Description of diagnostic rule and impact of misclassification error
Authors
Javier Mancilla Galindo, junior researcher
Dr. Lützen Portengen, supervisor
Dr. Susan Peters, supervisor
Published
October 25, 2024
Summary
Introduction: A diagnostic prediction model was developed to rule out pneumoconiosis in Dutch construction workers (surveyed in 1998) and published in 2007. The diagnostic rule identifies workers at high risk of pneumoconiosis who are referred for medical examination and diagnostic imaging with chest X-ray (CXR). Recently, concerns have been raised about the poor diagnostic performance of CXR compared to high resolution computed tomography (HRCT) for the diagnosis of silicosis, especially for detecting early cases. With the ultimate intention of recommending whether the diagnostic prediction rule should be incorporated into a health surveillance program for silicosis, this work provides an overview of the diagnostic prediction rule and estimates the extent, impact, and potential implications of outcome misclassification from its use.

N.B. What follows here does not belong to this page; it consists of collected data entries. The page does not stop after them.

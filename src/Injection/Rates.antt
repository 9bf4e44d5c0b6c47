-- ===== src/Injection/Rates.antt =====
-- How many keys the source plans for in a time step (`_max_send_buffer_keys_per_timestep` of
-- spinn_front_end_common/utility_models/reverse_ip_tag_multicast_source_machine_vertex.py).
use spi_nnfront_end_common.Common.{
  ℕ, zero, suc, ◌+◌, ◌*◌, ◌==◌, List, [], ◌∷◌, ◌++◌, ltb, if◌then◌else◌,
}
use spi_nnfront_end_common.Injection.Source.{Times, same_times, array_list}

unfoldable pub count : ℕ → List ℕ → ℕ
count t [] = 0
count t (s ∷ ts) = (if t == s then 1 else 0) + count t ts

unfoldable pub maximum : List ℕ → ℕ
maximum [] = 0
maximum (t ∷ ts) = let rest = maximum ts in if ltb rest t then t else rest

-- `n` counts, from that of `t` on.
unfoldable pub counts_from : ℕ → ℕ → List ℕ → List ℕ
counts_from zero t ts = []
counts_from (suc n) t ts = count t ts ∷ counts_from n (t + 1) ts

-- `numpy.bincount`
unfoldable pub bincount : List ℕ → List ℕ
bincount [] = []
bincount (t ∷ ts) = counts_from (maximum (t ∷ ts) + 1) 0 (t ∷ ts)

-- `numpy.concatenate`
unfoldable pub concatenate : List (List ℕ) → List ℕ
concatenate [] = []
concatenate (ts ∷ tss) = ts ++ concatenate tss

-- The largest count is 0 where there are none.
unfoldable pub max_send_buffer_keys_per_timestep : Times → ℕ → ℕ
max_send_buffer_keys_per_timestep (array_list times) n_keys = maximum (bincount (concatenate times))
max_send_buffer_keys_per_timestep (same_times times) n_keys = n_keys * maximum (bincount times)
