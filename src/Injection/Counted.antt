-- ===== src/Injection/Counted.antt =====
-- How often a key is sent at a time step, and how often it is in a queue.
use mathlib.Core.Path.{subst}
use spi_nnfront_end_common.Common.{
  All, ◌<◌, ==_cases, ℕ, ◌+◌, ◌≡◌, refl, sym, ◌∙◌, inl, inr, List, [], ◌∷◌, ok, ◌==◌, if◌then◌else◌,
  Result-cases, arith, ◌&&◌,
}
use spi_nnfront_end_common.Common.Numbers.{member}
use spi_nnfront_end_common.Buffers.Region.{BufferedSendingRegion, pop}
use spi_nnfront_end_common.Buffers.Queue.{
  Queue, take_key, without_key, queue_of, Ascends, member-after,
}
use spi_nnfront_end_common.Buffers.Pending.{pending, queue, keys_at, IsWell}
use spi_nnfront_end_common.Buffers.Takes.{Takes, nothing, one_key, err≢ok}
use spi_nnfront_end_common.Injection.Rates.{count}

abbrev pub n_sent : ℕ → ℕ → List (ℕ × ℕ) → ℕ
n_sent t k [] = 0
n_sent t k (item ∷ items) = (if t == item.0 && k == item.1 then 1 else 0) + n_sent t k items

abbrev pub n_queued : ℕ → ℕ → Queue → ℕ
n_queued t k [] = 0
n_queued t k (entry ∷ q) = (if t == entry.0 then count k entry.1 else 0) + n_queued t k q

pair_eq : {A B : Type 0} (p p' : A × B) → ok p ≡ ok p' → (p.0 ≡ p'.0) × (p.1 ≡ p'.1)
pair_eq p p' e = (cc, cc)

count-pop :
    (k : ℕ) (keys : List ℕ) (key : ℕ) (left : List ℕ)
    → pop keys ≡ ok (key, left)
    → count k keys ≡ count k left + (if k == key then 1 else 0)
unfolding pop count
count-pop k [] key left e = absurd (err≢ok e)
count-pop k (a ∷ []) key left e =
    let (same_key, same_left) = pair_eq (a, []) (key, left) e in
    rw (sym same_key, sym same_left) (omega arith)
count-pop k (a ∷ b ∷ keys) key left e = elim (Result-cases (pop (b ∷ keys))) [
  | inr (x, failed) ↦ absurd (err≢ok (rw failed at e))
  | inl ((key1, left1), popped) ↦
      let (same_key, same_left) = pair_eq (key1, a ∷ left1) (key, left) (rw popped at e) in
      let rest = count-pop k (b ∷ keys) key1 left1 popped in
      rw (sym same_key, sym same_left) (omega (arith, rest))
]

n_queued-without_key :
    (t k s : ℕ) (left : List ℕ) (q : Queue)
    → n_queued t k (without_key s left q) ≡ (if t == s then count k left else 0) + n_queued t k q
unfolding count
n_queued-without_key t k s [] q = ground arith
n_queued-without_key t k s (key ∷ keys) q = refl

n_queued-take_key :
    (t k s : ℕ) (keys : List ℕ) (q q' : Queue) (key : ℕ)
    → take_key ((s, keys) ∷ q) ≡ ok (key, q')
    → n_queued t k ((s, keys) ∷ q) ≡ n_sent t k ((s, key) ∷ []) + n_queued t k q'
unfolding take_key
n_queued-take_key t k s keys q q' key e = elim (Result-cases (pop keys)) [
  | inr (x, failed) ↦ absurd (err≢ok (rw failed at e))
  | inl ((key1, left), popped) ↦
      let (same_key, same_queue) =
        pair_eq (key1, without_key s left q) (key, q') (rw popped at e) in
      rw (sym same_key, sym same_queue)
        (ground (arith, count-pop k keys key1 left popped, n_queued-without_key t k s left q))
]

-- What is taken and what is left is what was there.
pub n_queued-Takes :
    (t k : ℕ) (q : Queue) (taken : List (ℕ × ℕ)) (q' : Queue)
    → Takes q taken q'
    → n_queued t k q ≡ n_sent t k taken + n_queued t k q'
n_queued-Takes t k q taken q' (nothing _) = omega arith
n_queued-Takes t k q taken q' (one_key s keys q0 q1 _ key more e h) =
    omega (arith, n_queued-take_key t k s keys q0 q1 key e, n_queued-Takes t k q1 more q' h)

n_queued-queue_of :
    (t k : ℕ) (f : ℕ → List ℕ) (ts : List ℕ)
    → Ascends ts
    → n_queued t k (queue_of f ts) ≡ (if member t ts then count k (f t) else 0)
unfolding member
n_queued-queue_of t k f [] h = refl
n_queued-queue_of t k f (s ∷ ts) h = elim (==_cases t s) [
  | inl (same, e) ↦
      let below : All (λ u. t < u) ts = subst (λ x. All (λ u. x < u) ts) (sym same) h.0 in
      let rest : n_queued t k (queue_of f ts) ≡ 0 =
        n_queued-queue_of t k f ts h.1 ∙ rw (member-after t ts below) refl in
      rw (e, rest, sym same) (omega arith)
  | inr e ↦ rw e (omega (arith, n_queued-queue_of t k f ts h.1))
]

-- A region's queue has the keys that are in its buffer.
pub n_queued-queue :
    (t k : ℕ) (r : BufferedSendingRegion)
    → IsWell r
    → n_queued t k (queue r) ≡ count k (keys_at r.buffer t)
unfolding count
n_queued-queue t k r w = elim (w.held t) [
  | inl (e, out) ↦ rw (n_queued-queue_of t k (keys_at r.buffer) (pending r) w.ascends, out, e) refl
  | inr (keys, e, some_key, here) ↦
      rw (n_queued-queue_of t k (keys_at r.buffer) (pending r) w.ascends, here) refl
]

Methods: Data were simulated to replicate the summary characteristics and outcome probability of the original diagnostic rule development study. A total of 5000 samples were used to estimate the potential impact of outcome misclassification over the diagnostic rule’s accuracy, by using combinations of false positive and negative rates (FPR and FNR) of CXR (index test) compared to HRCT (reference test), to estimate the adjusted area under the curve (AUC) assuming non-differential outcome misclassification. Simulated observations were categorized into low (<5 points) and high (>=5 points) risk categories according to the pneumoconiosis diagnostic rule scoring system. The true outcome that could have been observed had HRCT been performed was obtained with a reverse-misclassification function using diagnostic performance estimates. Two scenarios are presented by using possible combinations of sensitivity and specificity diagnostic performance parameters of CXR against HRCT within the uncertainty boundaries of their 95% confidence intervals (95%CI) and a negative inverse correlation between them of -0.7 and -0.8.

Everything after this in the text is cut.